Challenges to cultural competence

Language barriers

Linguistic competence involves communicating effectively with diverse populations, including individuals with limited English proficiency (LEP), low literacy skills or are not literate, disabilities, and individuals with any degree of hearing loss. According to the U.S. Census in 2011, 25.3 million people are considered limited English proficient, accounting for 9% of the U.S. population. Hospitals frequently admit LEP patients for treatment. With cultural and linguistic barriers, it is not surprising that it is hard to achieve effective communication between the health care providers and the LEP patients. Results from a 2019 systematic review of the literature found that overcoming the English-language barrier for LEP patients is a factor connected with improving patient health outcomes. Even so, in 2021, 25 million people who spoke Spanish received a third less health care than those that spoke English or other Americans.

The National Culturally and Linguistically Appropriate Services (CLAS) Standards in Health and Health Care developed by the Office of Minority Health (OMH) are intended to advance health equity, improve quality and help eliminate health care disparities. The three themes of the fifteen CLAS standards areGovernance, Leadership, and workforce; Communication and Language Assistance; and Engagement, Continuous Improvement, and Accountability. The standards clearly emphasized that the top levels of an organizational leadership hold the responsibility for CLAS implementation, and that language assistance should be provided when needed, and quality improvement, community engagement, and evaluation are importance.

Research emphasizes the need for culturally and linguistically sensitive services in providing healthcare to immigrant/minority populations, and studies show that interpreters and translation services could decrease linguistic barriers for minorities in clinical health settings. Communities who don't speak the dominant language would have a hard time accessing and understanding healthcare, especially when it comes to insurance. Immigrant communities might face even higher barriers to access because of cultural differences and not knowing how things work. In these cases, interpreters and language services are especially important.

Variability in interpreter use

Though the standard of interpreter use in medical discourses has been perceived to be the solution for cross-linguistic encounters within the hospital flow, a close analysis of the social role of the translator uncovers varying effects on the quality of care and accuracy of medical advice. A previous study of 83 U.S. public and private hospitals reported an average of 11 percent of the patient population requiring interpreter services. At one particular hospital, only seven full-time Spanish-English interpreters were hired to attend to the linguistic needs of 33,000 patients in need of Spanish interpretation. The high demand but low value for this position generates interpreters who may be ill-fit for the responsibility, consistently running late and not having the adequate training to perfectly translate the patient's needs or the doctors orders.
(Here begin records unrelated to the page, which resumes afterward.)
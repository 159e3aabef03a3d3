-- ===== src/Cli/Resolved.antt =====
-- The requests that `resolve_request` (libexec/wg_healthcheck_setup/cli.py) lets through.
use air_vpn_wg_healthcheck.Prelude.{
  Bool-cases, List, Option, String, ap, arith, false, inl, inr, map, none, not, not-false, refl,
  some, subst, sym, true, ◌&&◌, ◌↔◌, ◌∙◌, ◌≡◌,
}
use air_vpn_wg_healthcheck.Text.{Text, codes, text_eq, text_eq→eq}
use air_vpn_wg_healthcheck.Model.{Mode, SetupRequest, api_mode, enables, is_interface, static_mode}
use air_vpn_wg_healthcheck.Result.{>>=-eq_ok, err, ok, ok-injective, raise_if_ok, raise_if_then}
use air_vpn_wg_healthcheck.Cli.{Arguments}
use air_vpn_wg_healthcheck.Cli.Resolve.{
  check_api, check_complete, check_countries, check_decisions, check_flags, check_mode, check_reset,
  check_static, request_of, resolve_request, valid_device, validate_noninteractive_country_text,
}
use air_vpn_wg_healthcheck.Credential.{is_some}
use air_vpn_wg_healthcheck.Cli.Countries.{AreCountries, tokens_complete, tokens_sound}

-- The mode that the text names.
abbrev pub Names : Option Text → Option Mode → Type 0
Names text none = text ≡ none
Names text (some api_mode) = text ≡ some (codes "api")
Names text (some static_mode) = text ≡ some (codes "static")

module _ (upper : Text → Text) (words : Text → List Text) (args : Arguments) where
  -- What a run without questions has to say in API mode.
  pub record IsComplete : Type 0 where
    pub has_device : is_some args.device ≡ true
    pub countries_text : Text
    pub has_countries : args.countries ≡ some countries_text
    pub are_countries : AreCountries (map upper (words countries_text))
    pub has_file : args.replace_credential ≡ true → is_some args.credential_file ≡ true

  -- What each mode allows.
  abbrev pub Allows : Option Mode → Type 0
  Allows none =
      (args.replace_credential ≡ false)
      × (args.remove_credential ≡ false)
      × (args.restore_pre_managed ≡ false)
  Allows (some static_mode) =
      (args.device ≡ none)
      × (args.countries ≡ none)
      × (args.credential_file ≡ none)
      × (args.replace_credential ≡ false)
  Allows (some api_mode) =
      (valid_device args.device ≡ true)
      × (args.remove_credential ≡ false)
      × (args.restore_pre_managed ≡ false)
      × (args.non_interactive ≡ true → IsComplete)

  pub record IsAccepted (mode : Option Mode) : Type 0 where
    pub named : Names args.mode mode
    pub valid_interface : is_interface args.iface ≡ true
    pub decided :
        args.non_interactive ≡ true
        → (is_some args.mode ≡ true) × (is_some args.action ≡ true) × (is_some args.timer ≡ true)
    pub reset_flagged :
        args.reset_api_state ≡ true → (is_some args.action ≡ true) × (enables args.timer ≡ false)
    pub allowed : Allows mode

  check_decisions_sound :
      check_decisions args ≡ ok tt
      → args.non_interactive ≡ true
      → (is_some args.mode ≡ true) × (is_some args.action ≡ true) × (is_some args.timer ≡ true)
  unfolding check_decisions
  check_decisions_sound h n = ground arith

  check_decisions_complete :
      (args.non_interactive ≡ true
        → (is_some args.mode ≡ true) × (is_some args.action ≡ true) × (is_some args.timer ≡ true))
      → check_decisions args ≡ ok tt
  unfolding check_decisions
  check_decisions_complete h = ground arith

  check_reset_sound :
      check_reset args ≡ ok tt
      → args.reset_api_state ≡ true
      → (is_some args.action ≡ true) × (enables args.timer ≡ false)
  unfolding check_reset
  check_reset_sound h n = ground arith

  check_reset_complete :
      (args.reset_api_state ≡ true → (is_some args.action ≡ true) × (enables args.timer ≡ false))
      → check_reset args ≡ ok tt
  unfolding check_reset
  check_reset_complete h = ground arith

  check_static_sound : check_static args ≡ ok tt → Allows (some static_mode)
  unfolding check_static
  check_static_sound h = ground arith

  check_static_complete : Allows (some static_mode) → check_static args ≡ ok tt
  unfolding check_static
  check_static_complete h = ground arith

  check_flags-none : check_flags args none ≡ ok tt → Allows none
  unfolding check_flags
  check_flags-none h = ground arith

  check_flags_complete : (mode : Option Mode) → Allows mode → check_flags args mode ≡ ok tt
  unfolding check_flags
  check_flags_complete none (a, b, c) = ground arith
  check_flags_complete (some static_mode) (a, b, c, e) = ground arith
  check_flags_complete (some api_mode) (a, b, c, e) = ground arith

  check_countries_sound :
      (value : Option Text)
      → check_countries upper words value ≡ ok tt
      → (text : Text) × (value ≡ some text) × AreCountries (map upper (words text))
  unfolding check_countries validate_noninteractive_country_text
  check_countries_sound none h = cc
  check_countries_sound (some text) h = (text, refl, tokens_sound (map upper (words text)) h)

  check_countries_complete :
      (text : Text)
      → AreCountries (map upper (words text))
      → check_countries upper words (some text) ≡ ok tt
  unfolding check_countries validate_noninteractive_country_text
  check_countries_complete text h = tokens_complete (map upper (words text)) h

  with_file :
      (args.replace_credential && not (is_some args.credential_file)) ≡ false
      → args.replace_credential ≡ true
      → is_some args.credential_file ≡ true
  with_file h r = ground arith

  without_file :
      (args.replace_credential ≡ true → is_some args.credential_file ≡ true)
      → (args.replace_credential && not (is_some args.credential_file)) ≡ false
  without_file h = ground arith

  check_complete_sound :
      check_complete upper words args ≡ ok tt → args.non_interactive ≡ true → IsComplete
  unfolding check_complete
  check_complete_sound h n =
      let (device, then_countries) = raise_if_then _ _ _ (rw n at h) in
      let (u, counted, then_file) = >>=-eq_ok _ _ then_countries in
      let (text, named, are) = check_countries_sound args.countries counted in
      record {
        has_device = not-false _ device;
        countries_text = text;
        has_countries = named;
        are_countries = are;
        has_file = λ r. with_file (raise_if_ok _ then_file) r;
      }

  check_complete_complete :
      (args.non_interactive ≡ true → IsComplete) → check_complete upper words args ≡ ok tt
  unfolding check_complete
  check_complete_complete h = elim (Bool-cases args.non_interactive) [
    | inl n ↦
        let c = h n in
        rw
          (
            n,
            c.has_device,
            c.has_countries,
            check_countries_complete c.countries_text c.are_countries,
            without_file c.has_file,
          )
          refl
    | inr n ↦ rw n refl
  ]

  check_api_sound : check_api upper words args ≡ ok tt → Allows (some api_mode)
  unfolding check_api
  check_api_sound h =
      let (device, then_complete) = raise_if_then _ _ _ h in
      let (u, complete, then_remove) = >>=-eq_ok _ _ then_complete in
      let (remove, then_restore) = raise_if_then _ _ _ then_remove in
      (not-false _ device, remove, raise_if_ok _ then_restore, check_complete_sound complete)

  check_api_complete : Allows (some api_mode) → check_api upper words args ≡ ok tt
  unfolding check_api
  check_api_complete (device, remove, restore, complete) =
      rw (device, check_complete_complete complete, remove, restore) refl

  check_mode_sound :
      (text : Option Text) (mode : Option Mode)
      → check_mode upper words args text ≡ ok mode
      → check_flags args mode ≡ ok tt
      → Names text mode × Allows mode
  unfolding check_mode
  check_mode_sound none mode h f =
      subst (λ (m : Option Mode). Names none m × Allows m) (ok-injective h)
        (
          refl,
          check_flags-none
              (subst (λ (m : Option Mode). check_flags args m ≡ ok tt) (sym (ok-injective h)) f),
        )
  check_mode_sound (some text) mode h f = elim (Bool-cases (text_eq text (codes "api"))) [
    | inl e ↦
        let (u, checked, same) = >>=-eq_ok _ _ (rw e at h) in
        subst (λ (m : Option Mode). Names (some text) m × Allows m) (ok-injective same)
          (ap some (text_eq→eq text (codes "api") e), check_api_sound checked)
    | inr n ↦ elim (Bool-cases (text_eq text (codes "static"))) [
      | inl e ↦
          let (u, checked, same) = >>=-eq_ok _ _ (rw (n, e) at h) in
          subst (λ (m : Option Mode). Names (some text) m × Allows m) (ok-injective same)
            (ap some (text_eq→eq text (codes "static") e), check_static_sound checked)
      | inr k ↦ no_mode (rw (n, k) at h)
    ]
  ]
    where
      no_mode : {P : Type 0} {message : String} → err message ≡ ok mode → P
      no_mode e = cc

  check_mode_complete :
      (text : Option Text) (mode : Option Mode)
      → Names text mode
      → Allows mode
      → check_mode upper words args text ≡ ok mode
  unfolding check_mode text_eq
  check_mode_complete text none e a = rw e refl
  check_mode_complete text (some api_mode) e a = rw (e, check_api_complete a) refl
  check_mode_complete text (some static_mode) e a = rw (e, check_static_complete a) refl

  resolve_sound :
      (request : SetupRequest)
      → resolve_request upper words args ≡ ok request
      → (mode : Option Mode) × (request ≡ request_of args mode) × IsAccepted mode
  unfolding resolve_request
  resolve_sound request h =
      let (interface, then_decided) = raise_if_then _ _ _ h in
      let (u, decided, then_reset) = >>=-eq_ok _ _ then_decided in
      let (v, reset, then_mode) = >>=-eq_ok _ _ then_reset in
      let (mode, moded, then_flags) = >>=-eq_ok _ _ then_mode in
      let (x, flags, same) = >>=-eq_ok _ _ then_flags in
      let (named, allowed) = check_mode_sound args.mode mode moded flags in
      (
        mode,
        sym (ok-injective same),
        record {
          named = named;
          valid_interface = not-false _ interface;
          decided = check_decisions_sound decided;
          reset_flagged = check_reset_sound reset;
          allowed = allowed;
        },
      )

  resolve_complete :
      (mode : Option Mode)
      → IsAccepted mode
      → resolve_request upper words args ≡ ok (request_of args mode)
  unfolding resolve_request
  resolve_complete mode a =
      rw
        (
          a.valid_interface,
          check_decisions_complete a.decided,
          check_reset_complete a.reset_flagged,
          check_mode_complete args.mode mode a.named a.allowed,
          check_flags_complete mode a.allowed,
        )
        refl

-- `resolve_request` accepts exactly what the options allow together: it returns a request if and only if
-- the arguments are accepted for a mode, and the request is then the arguments' own in that mode. Accepted
-- means: a valid interface; in a run without questions a mode, an action and a timer outcome; with a reset of
-- the API state an action, and not the timer; in API mode a valid device, none of the static options, and in
-- a run without questions a device, countries and, for a replacement, a credential file; in static mode none
-- of the API options; without a mode no option that needs one.
pub resolve_request-IsAccepted :
    (upper : Text → Text) (words : Text → List Text) (args : Arguments) (request : SetupRequest)
    → (resolve_request upper words args ≡ ok request)
      ↔ ((mode : Option Mode) × (request ≡ request_of args mode) × IsAccepted upper words args mode)
resolve_request-IsAccepted upper words args request = (
  resolve_sound upper words args request,
  λ (mode, same, accepted). resolve_complete upper words args mode accepted ∙ ap ok (sym same),
)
Ad hoc translators were found to display a higher level of error frequency in their patient interactions with 77% of the translations being found to some level of inaccuracy. This is relatively higher compared to professional medical translators. Ad hoc translators are nurses, family members, or other available bilingual staff that are utilized on the spot for translation purposes. However, in the same study, professional translators were still found to exhibit error in 53% in their evaluated interactions. In a review of 28 in-site research studies conducted, use of professional interpreters was associated with overall improved clinical care in four categories: communication, utilization, clinical outcomes, and satisfaction. Of the twenty-eight, only six were found to have an overall patient rating of "satisfactory" or higher in the context of their clinic care with the use of a professional translator.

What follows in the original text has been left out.